While Cornwalll’s Coastal Path can boast of superb views, rugged cliffs and sheer delight of pretty seaside villages, Cornwall’s moors and heaths are something else indeed. The smallest of Great Britain’s three moorlands, Bodmin Moor reigns in wild and untamed splendor. Hikers here find tiny medieval villages snuggled in river valleys amid the strange and haunting moorlands. A sense of timelessness engendered by ancient stone circles, rugged rocky tors springing up out of the sweeping expanse of moor and the lonesome emptiness of the land gives visitors an experience that could never be had on the coast. While the ancient and medieval are present, the 20th century is not apparent in large areas of the moor. Remote and even desolate at times, Bodmin Moor comes to colorful, joyful life in spring and summer when riotous blooms and flocks of birds and butterflies tarry for the season.
Hiking The Smuggler’s Way
A coast-to-coast long distance footpath crosses Bodmin Moor, where sights include the moorlands’ extensive fauna and flora, abandoned mines, stunning views from Cornwall’s biggest hill, Brown Willy and Bronze Age Celtic stone circles and crosses. The Smuggler’s Way, a challenging three or four day hike, runs from the south seaside town of Looe to the northern coastal town of Boscastle, covering 37 miles of moors, heaths and wild granite rock formations. At an estimated 12 and a half miles a day through wild moorlands, hikers will need to be regular walkers, fit and able to reliably use compass and map or a handheld GPS. With marshes, bogs, abandoned mines and fast weather changes, hikers need to use caution.

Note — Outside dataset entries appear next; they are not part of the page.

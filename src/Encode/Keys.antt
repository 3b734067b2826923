-- ===== src/Encode/Keys.antt =====
-- Field names: containsNullChar and clean_key, and the bytes_to_utf8 of a name without the flag.
use mongo_perl_driver.Common.{
  ℕ, ◌+◌, ◌/◌, ◌%◌, ◌≤◌, ◌≡◌, refl, ◌≢◌, ◌↔◌, Bool, false, not, ◌&&◌, ◌||◌, Option, none, some, [],
  ◌∷◌, arith, ltb, ◌==◌, if◌then◌else◌, length, ℤ,
}
use mongo_perl_driver.Perl.{Bytes}
use mongo_perl_driver.Encode.Calendar.{Tm}
use mongo_perl_driver.Outcome.{
  Outcome, ok, croak, stuck, require, null_in_key, empty_key, dot_in_key,
}

-- strchr(str, c), strlen(str) < len
unfoldable pub contains : Bytes → ℕ → Bool
contains [] c = false
contains (x ∷ xs) c = (x == c) || contains xs c

-- The C string that a byte string is read as: what stands before its first NUL.
unfoldable pub c_string : Bytes → Bytes
c_string [] = []
c_string (x ∷ xs) = if x == 0 then [] else x ∷ c_string xs

unfoldable pub contains_null_char : Bytes → Outcome (Unit {0})
contains_null_char str = require (not (ltb (length (c_string str)) (length str))) null_in_key

-- What the encoder reads of the interpreter's globals and of the build.
pub record Config : Type 0 where
  -- the string of $MongoDB::BSON::char, if it is one (SvPOK)
  pub special_char : Option Bytes
  -- $MongoDB::BSON::looks_like_number, if SvIOK and not 0
  pub look_for_numbers : Bool
  -- MONGO_USE_64_BIT_INT
  pub use_64_bit_int : Bool
  -- PERL_VERSION <= 10, and PERL_VERSION >= 12
  pub perl_upto_10 : Bool
  pub perl_from_12 : Bool
  -- timegm of the C library; `none` is a build with the surrogate, on Windows and Solaris
  pub c_timegm : Option (Tm → ℤ)

-- SvPV_nolen(special_char)[0] == str[0], of a name that is not empty
unfoldable pub starts_special : Option Bytes → ℕ → Bool
starts_special none c = false
starts_special (some []) c = 0 == c
starts_special (some (x ∷ xs)) c = x == c

-- The name as it is stored; `$` is 36 and `.` is 46.
unfoldable pub clean_key : Config → Bool → Bytes → Outcome Bytes
clean_key config is_insert [] = croak empty_key
clean_key config is_insert (c ∷ cs) =
    if c == 0
    then croak empty_key
    else if is_insert && contains (c ∷ cs) 46
    then croak dot_in_key
    else if starts_special config.special_char c
    then ok (36 ∷ cs)
    else ok (c ∷ cs)

-- bytes_to_utf8 on one byte of Latin-1.
unfoldable pub latin1_utf8 : Bytes → Bytes
latin1_utf8 [] = []
latin1_utf8 (b ∷ bs) =
    if ltb b 128 then b ∷ latin1_utf8 bs else (192 + b / 64) ∷ (128 + b % 64) ∷ latin1_utf8 bs

length-c_string :
    (str : Bytes)
    → (length (c_string str) ≤ length str)
      × ((contains str 0 ≡ false) ↔ (length str ≤ length (c_string str)))
unfolding c_string contains
length-c_string [] = ground arith
length-c_string (x ∷ xs) = ground (arith, length-c_string xs)

-- containsNullChar croaks exactly on the names in which a NUL byte stands.
pub contains_null_char_iff :
    (str : Bytes) → (contains_null_char str ≡ ok tt) ↔ (contains str 0 ≡ false)
unfolding contains_null_char
contains_null_char_iff str = ground (arith, length-c_string str)

pub c_string_same : (str : Bytes) → contains str 0 ≡ false → c_string str ≡ str
unfolding c_string contains
c_string_same [] h = refl
c_string_same (x ∷ xs) h = ground (arith, c_string_same xs)

pub clean_key-ne-stuck :
    (config : Config) (is_insert : Bool) (key : Bytes) → clean_key config is_insert key ≢ stuck
unfolding clean_key
clean_key-ne-stuck config is_insert [] = λ e. cc
clean_key-ne-stuck config is_insert (c ∷ cs) = ground arith

-- Without a special character the only names refused are the empty one and, on an insert, those
-- with a dot; all others are stored as they are.
pub clean_key_plain :
    (config : Config) (is_insert : Bool) (c : ℕ) (cs : Bytes)
    → config.special_char ≡ none
    → c ≢ 0
    → clean_key config is_insert (c ∷ cs)
      ≡ (if is_insert && contains (c ∷ cs) 46 then croak dot_in_key else ok (c ∷ cs))
unfolding clean_key starts_special
clean_key_plain config is_insert c cs h k = ground arith
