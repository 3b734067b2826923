-- ===== src/Buffer.antt =====
-- The growing message buffer of perl_mongo.c and perl_mongo.h: struct buffer,
-- perl_mongo_resize_buf, the perl_mongo_serialize_* writers and the byte-order macros.
pub mod Words
pub mod Capacity
pub mod Writes
use mongo_perl_driver.Common.{
  ℕ, zero, suc, ◌+◌, ◌-◌, ◌*◌, ◌/◌, ◌%◌, ◌^◌, Bool, true, false, Option, none, some, List, [], ◌∷◌,
  ◌++◌, ltb, leb, if◌then◌else◌, length, take, drop,
}
use mathlib.Core.List.{map}

-- A byte of the buffer; `none` is one that was skipped and never written.
abbrev pub Cell : Type 0
Cell = Option ℕ

-- `total` is end - start, the number of bytes allocated, and `used` is what has been written from
-- start up to pos, also when pos has passed end. Memory does not run out.
pub record Buffer : Type 0 where
  pub total : ℕ
  pub used : List Cell

-- pos - start
abbrev pub pos_of : Buffer → ℕ
pos_of buf = length buf.used

-- BUF_REMAINING
abbrev pub buf_remaining : Buffer → ℕ
buf_remaining buf = buf.total - pos_of buf

abbrev pub grow_slowly : ℕ
grow_slowly = 1048576

abbrev pub initial_buf_size : ℕ
initial_buf_size = 4096

-- CREATE_BUF
unfoldable pub create_buf : ℕ → Buffer
create_buf size = record { total = size; used = [] }

-- The arithmetic of int, on the 32-bit words that stand for its values; it wraps around.
unfoldable pub int_of : ℕ → ℕ
int_of n = n % 2 ^ 32

unfoldable pub int_sub : ℕ → ℕ → ℕ
int_sub a b = (a + (2 ^ 32 - b)) % 2 ^ 32

-- a < b, of signed values
unfoldable pub int_less : ℕ → ℕ → Bool
int_less a b = ltb ((a + 2 ^ 31) % 2 ^ 32) ((b + 2 ^ 31) % 2 ^ 32)

-- The conversion of an int to size_t, which extends its sign.
unfoldable pub size_of_int : ℕ → ℕ
size_of_int a = if ltb a (2 ^ 31) then a else a + (2 ^ 64 - 2 ^ 32)

-- while (total-used < size) { total += size; } on ints
unfoldable pub grow_loop : ℕ → ℕ → ℕ → ℕ → ℕ
unfolding int_of int_sub int_less
grow_loop zero total used size = total
grow_loop (suc fuel) total used size = elim (int_less (int_sub total used) size) [
  | true ↦ grow_loop fuel (int_of (total + size)) used size
  | false ↦ total
]

-- total < GROW_SLOWLY ? total*2 : total+INITIAL_BUF_SIZE
unfoldable pub grown_total : ℕ → ℕ
unfolding int_of int_less
grown_total total =
    if int_less total grow_slowly then int_of (total * 2) else int_of (total + initial_buf_size)

-- perl_mongo_resize_buf; Renew takes `total` as a size_t. In the loop `total` has no more than
-- 2 ^ 32 values.
unfoldable pub resize_buf : Buffer → ℕ → Buffer
unfolding int_of grown_total size_of_int grow_loop
resize_buf buf size =
    let used = int_of (pos_of buf) in
    record buf {
      total =
          size_of_int
            (grow_loop (suc (suc (2 ^ 32))) (grown_total (int_of buf.total)) used (int_of size));
    }

-- What every writer does first: make room for `size` bytes when BUF_REMAINING <= size.
unfoldable pub reserve : Buffer → ℕ → Buffer
reserve buf size = if leb (buf_remaining buf) size then resize_buf buf size else buf

-- memcpy(buf->pos, bytes, n); buf->pos += n;
unfoldable pub write : Buffer → List ℕ → Buffer
write buf bytes = record buf { used = buf.used ++ map some bytes }

-- The bytes of a 32-bit and of a 64-bit word, lowest first.
unfoldable pub le32 : ℕ → List ℕ
le32 w = (w % 256) ∷ (w / 2 ^ 8 % 256) ∷ (w / 2 ^ 16 % 256) ∷ (w / 2 ^ 24 % 256) ∷ []

unfoldable pub le64 : ℕ → List ℕ
le64 w =
    (w % 256)
    ∷ (w / 2 ^ 8 % 256)
    ∷ (w / 2 ^ 16 % 256)
    ∷ (w / 2 ^ 24 % 256)
    ∷ (w / 2 ^ 32 % 256)
    ∷ (w / 2 ^ 40 % 256)
    ∷ (w / 2 ^ 48 % 256)
    ∷ (w / 2 ^ 56 % 256)
    ∷ []

-- The bytes as they lie in memory on a host of either byte order.
unfoldable pub host32 : Bool → ℕ → List ℕ
host32 false w = le32 w
host32 true w = (w / 2 ^ 24 % 256) ∷ (w / 2 ^ 16 % 256) ∷ (w / 2 ^ 8 % 256) ∷ (w % 256) ∷ []

unfoldable pub host64 : Bool → ℕ → List ℕ
host64 false w = le64 w
host64 true w =
    (w / 2 ^ 56 % 256)
    ∷ (w / 2 ^ 48 % 256)
    ∷ (w / 2 ^ 40 % 256)
    ∷ (w / 2 ^ 32 % 256)
    ∷ (w / 2 ^ 24 % 256)
    ∷ (w / 2 ^ 16 % 256)
    ∷ (w / 2 ^ 8 % 256)
    ∷ (w % 256)
    ∷ []

-- MONGO_32: BYTE4_32 | BYTE3_32 | BYTE2_32 | BYTE1_32. The four fields do not overlap, so that
-- the disjunction is a sum. The flag is MONGO_BIG_ENDIAN.
unfoldable pub mongo_32 : Bool → ℕ → ℕ
mongo_32 false b = b
mongo_32 true b =
    b % 256 * 2 ^ 24 + b / 2 ^ 8 % 256 * 2 ^ 16 + b / 2 ^ 16 % 256 * 2 ^ 8 + b / 2 ^ 24 % 256

unfoldable pub mongo_64 : Bool → ℕ → ℕ
mongo_64 false b = b
mongo_64 true b =
    b % 256 * 2 ^ 56
    + b / 2 ^ 8 % 256 * 2 ^ 48
    + b / 2 ^ 16 % 256 * 2 ^ 40
    + b / 2 ^ 24 % 256 * 2 ^ 32
    + b / 2 ^ 32 % 256 * 2 ^ 24
    + b / 2 ^ 40 % 256 * 2 ^ 16
    + b / 2 ^ 48 % 256 * 2 ^ 8
    + b / 2 ^ 56 % 256

-- perl_mongo_serialize_string, called with str_len = strlen(str).
unfoldable pub serialize_string : Buffer → List ℕ → Buffer
unfolding reserve write
serialize_string buf str = write (reserve buf (length str + 1)) (str ++ 0 ∷ [])

-- perl_mongo_serialize_int; `num` is the bit pattern of the int.
unfoldable pub serialize_int : Bool → Buffer → ℕ → Buffer
unfolding reserve write
serialize_int big_endian buf num =
    write (reserve buf 4) (host32 big_endian (mongo_32 big_endian num))

unfoldable pub serialize_long : Bool → Buffer → ℕ → Buffer
unfolding reserve write
serialize_long big_endian buf num =
    write (reserve buf 8) (host64 big_endian (mongo_64 big_endian num))

-- perl_mongo_serialize_size at buf->start: the int pos - start overwrites the first four bytes.
unfoldable pub serialize_size : Bool → Buffer → Buffer
serialize_size big_endian buf =
    let total = mongo_32 big_endian (pos_of buf % 2 ^ 32) in
    record buf { used = map some (host32 big_endian total) ++ drop 4 buf.used }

Bodmin Moor Flora and Fauna
Nevertheless, walking the Smuggler’s Way across Bodmin Moor can enchant visitors with glimpses of the area’s wildlife, birds and blooming flowers. Visitors might catch sight of the following:
– A rich variety of birds from ravens and buzzards coasting on the thermals to Meadow pipits and wagtails.
– Small mammals such as badgers, river otters, foxes and roe deer.
– Lichens, ferns, mosses, heather, grasslands, gorse and cotton grass.
– Domestic Scottish Highland cattle, flocks of sheep and sturdy ponies.
– The Beast of Bodmin, a three and a half foot long wild cat that is said to kill and eat livestock.
Smugglers, Murder, Myth and Legend
Hikers will not only climb Cornwall’s summit, Brown Willy but Rough Tor with its Neolithic stone walls. Ancient lanes lined with Cornish hedges, drover’s roads, 15th century bridges and the challenging open moorland comprise Smuggler’s Way. Taking the 10 Tor Loop will lead hikers to this remote area’s standing stones and strange rock pile ups, the Cheesewring, Hurlers and Minions. Travelers can stay overnight at the dramatic Jamaica Inn made famous by Daphne du Maurier’s novel. Smugglers used the Inn to hide away their contraband, usually tea, brandy and other luxuries. Steeped in history, Bodmin Moor was host to Bronze Age hunters, Celtic warriors, mystical saints and wily smugglers. Feeder streams and peat bogs form the source of Cornwall’s many rivers including Camel, Fowey, Ottery, Inny and Lynher. Legends of King Arthur abound at Dozmary Pond, a peaty pool said to be the resting place of Arthur’s sword Excalibur. Moorland ghosts haunt the moor, including that of Charlotte Dymond, killed in 1844 on Rough Tor. From stunning vistas across the gently curved horizon to bizarre granite rock heaps like Cheesewring, visitors can see it all trekking along the Smuggler’s Way.